A commercially available Cyranose-320™ conducting polymer-based electronic nose system was used to analyze the headspace from stored barley samples. Three types of barley samples were analyzed, namely, clean barley, naturally Fusarium infected barley and Fusarium inoculated clean barley. The barley samples were stored at moisture contents of 13, 18, 20 and 25 g of water/100 g sample. The raw signals obtained from the electronic nose system were pre-processed by various signal-processing techniques to extract area-based features. Principal component analysis was subsequently performed on the processed signals to further reduce the dimensionalities. Classification models using linear (LDA) and quadratic discriminant analyses (QDA) were developed using the extracted features. The performance of the developed models was validated using leave-1-out cross validation and bootstrapping method.

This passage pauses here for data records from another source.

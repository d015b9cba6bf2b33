-- ===== src/Migrations/Additions.antt =====
-- alembic/versions: what each later upgrade makes of the program's tables, with their rows, beside
-- tables of others.
use spur_api.Base.{
  ◌∙◌, ap, ℕ, ◌≡◌, refl, String, true, false, none, some, List, [], ◌∷◌, ◌++◌, map, All, ◌||◌,
  str_eq, Bool, arith, not, &&-true,
}
use spur_api.Migrations.{Value, Schema, Row, Statement}
use spur_api.Migrations.Creation.{create_index_lem, execute_all-step, or_false}
use spur_api.Migrations.Lookups.{all, any, is_null, set, sql_eq, value}
use spur_api.Migrations.Revisions.{
  add_base_project_id, add_batch_id, add_inputs_version, add_name, add_project_versions, add_seed,
  add_spec_snapshot, add_until_target, base_key, by_base, by_batch,
}
use spur_api.Migrations.Shapes.{
  IsFree, Lacks, all_indexes, base_column, database, first_indexes, inputs_version_column, lacks,
  projects_at_base, projects_at_inputs, projects_at_version, projects_with, runs_at_batch,
  runs_at_name, runs_at_seed, runs_at_snapshot, runs_at_target, runs_at_version, runs_with,
  version_column, with_null, with_one,
}
use spur_api.Migrations.Statements.{execute, execute_all}

not-true : (b : Bool) → not b ≡ true → b ≡ false
not-true b h = ground arith

pub value-added :
    (c : String) (v : Value) (r : Row)
    → str_eq c c ≡ true
    → Lacks c r
    → value c (r ++ (c, v) ∷ []) ≡ v
value-added c v [] same free = rw same refl
value-added c v ((n, w) ∷ r) same free =
    let parts = &&-true (not (str_eq c n)) (lacks c r) free in
    rw (not-true (str_eq c n) parts.0) (value-added c v r same parts.1)

all_null :
    (c : String) (q : Row → Bool) (rows : List Row)
    → str_eq c c ≡ true
    → All (Lacks c) rows
    → all (λ r. is_null (value c r) || q r) (with_null c rows) ≡ true
all_null c q [] same free = refl
all_null c q (r ∷ rows) same free =
    rw (value-added c Value.null r same free.0) (all_null c q rows same free.1)

module _ (time : ℕ) where
  module _ (db : Schema) (es rs ps : List Row) where
    pub add_seed_lem :
        execute_all time add_seed.upgrade
          (database db (runs_with []) (projects_with [] []) first_indexes (es, rs, ps))
        ≡ some (
            database db runs_at_seed
              (projects_with [] [])
              first_indexes
              (es, with_null "seed" rs, ps))
    unfolding execute_all execute
    add_seed_lem = refl

    pub add_spec_snapshot_lem :
        execute_all time add_spec_snapshot.upgrade
          (database db runs_at_seed (projects_with [] []) first_indexes (es, rs, ps))
        ≡ some (
            database db runs_at_snapshot
              (projects_with [] [])
              first_indexes
              (es, with_null "spec_snapshot" rs, ps))
    unfolding execute_all execute
    add_spec_snapshot_lem = refl

    pub add_until_target_lem :
        execute_all time add_until_target.upgrade
          (database db runs_at_snapshot (projects_with [] []) first_indexes (es, rs, ps))
        ≡ some (
            database db runs_at_target
              (projects_with [] [])
              first_indexes
              (es, with_null "until_target" rs, ps))
    unfolding execute_all execute
    add_until_target_lem = refl

    pub add_name_lem :
        execute_all time add_name.upgrade
          (database db runs_at_target (projects_with [] []) first_indexes (es, rs, ps))
        ≡ some (
            database db runs_at_name
              (projects_with [] [])
              first_indexes
              (es, with_null "name" rs, ps))
    unfolding execute_all execute
    add_name_lem = refl

    pub add_project_versions_lem :
        execute_all time add_project_versions.upgrade
          (database db runs_at_name (projects_with [] []) first_indexes (es, rs, ps))
        ≡ some (
            database db runs_at_version projects_at_version first_indexes
              (es, with_null "project_version" rs, with_one "version" ps))
    unfolding execute_all execute
    add_project_versions_lem = refl

    pub add_inputs_version_lem :
        execute_all time add_inputs_version.upgrade
          (database db runs_at_version projects_at_version first_indexes (es, rs, ps))
        ≡ some (
            database db runs_at_version projects_at_inputs first_indexes (
              es,
              rs,
              map (λ r. set "inputs_version" (value "version" r) r) (with_one "inputs_version" ps),
            ))
    unfolding execute_all execute
    add_inputs_version_lem = refl

    pub add_batch_id_lem :
        IsFree db "ix_simulation_runs_batch_id"
        → execute_all time add_batch_id.upgrade
            (database db runs_at_version projects_at_inputs first_indexes (es, rs, ps))
          ≡ some (
              database db runs_at_batch projects_at_inputs
                (by_batch ∷ first_indexes)
                (es, with_null "batch_id" rs, ps))
    unfolding execute_all execute
    add_batch_id_lem free =
        ap (λ o. elim o [ none ↦ none | some db' ↦ some db' ])
          (create_index_lem by_batch
            (database db runs_at_batch projects_at_inputs first_indexes
              (es, with_null "batch_id" rs, ps))
            (or_false _ _ free.0 free.1) refl)

    with_base : Schema
    with_base =
        database db runs_at_batch
          (projects_with (version_column ∷ inputs_version_column ∷ base_column ∷ []) [])
          (by_batch ∷ first_indexes) (es, rs, with_null "base_project_id" ps)

    with_base_index : Schema
    with_base_index =
        database db runs_at_batch
          (projects_with (version_column ∷ inputs_version_column ∷ base_column ∷ []) []) all_indexes
          (es, rs, with_null "base_project_id" ps)

    adds_base :
        execute time
          (Statement.add_column "projects" base_column)
          (database db runs_at_batch projects_at_inputs (by_batch ∷ first_indexes) (es, rs, ps))
        ≡ some with_base
    unfolding execute with_base
    adds_base = refl

    indexes_base :
        IsFree db "ix_projects_base_project_id"
        → execute time (Statement.create_index by_base) with_base ≡ some with_base_index
    unfolding execute with_base with_base_index
    indexes_base free = create_index_lem by_base with_base (or_false _ _ free.0 free.1) refl

    keys_base :
        All (Lacks "base_project_id") ps
        → execute time (Statement.create_foreign_key "projects" base_key) with_base_index
          ≡ some (
              database db runs_at_batch projects_at_base all_indexes
                (es, rs, with_null "base_project_id" ps))
    unfolding execute with_base_index
    keys_base free =
        rw
          (all_null "base_project_id"
            (λ r.
              any (λ r'. sql_eq (value "base_project_id" r) (value "id" r'))
                (with_null "base_project_id" ps))
            ps refl free)
          refl

    pub add_base_project_id_lem :
        IsFree db "ix_projects_base_project_id"
        → All (Lacks "base_project_id") ps
        → execute_all time add_base_project_id.upgrade
            (database db runs_at_batch projects_at_inputs (by_batch ∷ first_indexes) (es, rs, ps))
          ≡ some (
              database db runs_at_batch projects_at_base all_indexes
                (es, rs, with_null "base_project_id" ps))
    unfolding execute_all
    add_base_project_id_lem free lack =
        execute_all-step time (Statement.add_column "projects" base_column)
          (Statement.create_index by_base ∷ Statement.create_foreign_key "projects" base_key ∷ [])
          (database db runs_at_batch projects_at_inputs (by_batch ∷ first_indexes) (es, rs, ps))
          with_base adds_base
        ∙ rw (execute_all, indexes_base free, keys_base lack) refl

The models classified the barley samples stored into two groups based on the ergosterol content, i.e., “acceptable” (ergosterol content <3.0 μg/g) and “unacceptable” (ergosterol content ?3.0 μg/g). Overall, the total maximum classification accuracy obtained was 86.8% by both LDA and QDA when leave-1-out cross-validation was used. By bootstrapping validation the maximum total classification accuracy obtained was 86.4% and 86.1% respectively, by QDA and LDA. The study proves that there is potential in using an electronic nose system for indicating mold spoilage in stored grains, and necessitates future studies in this direction.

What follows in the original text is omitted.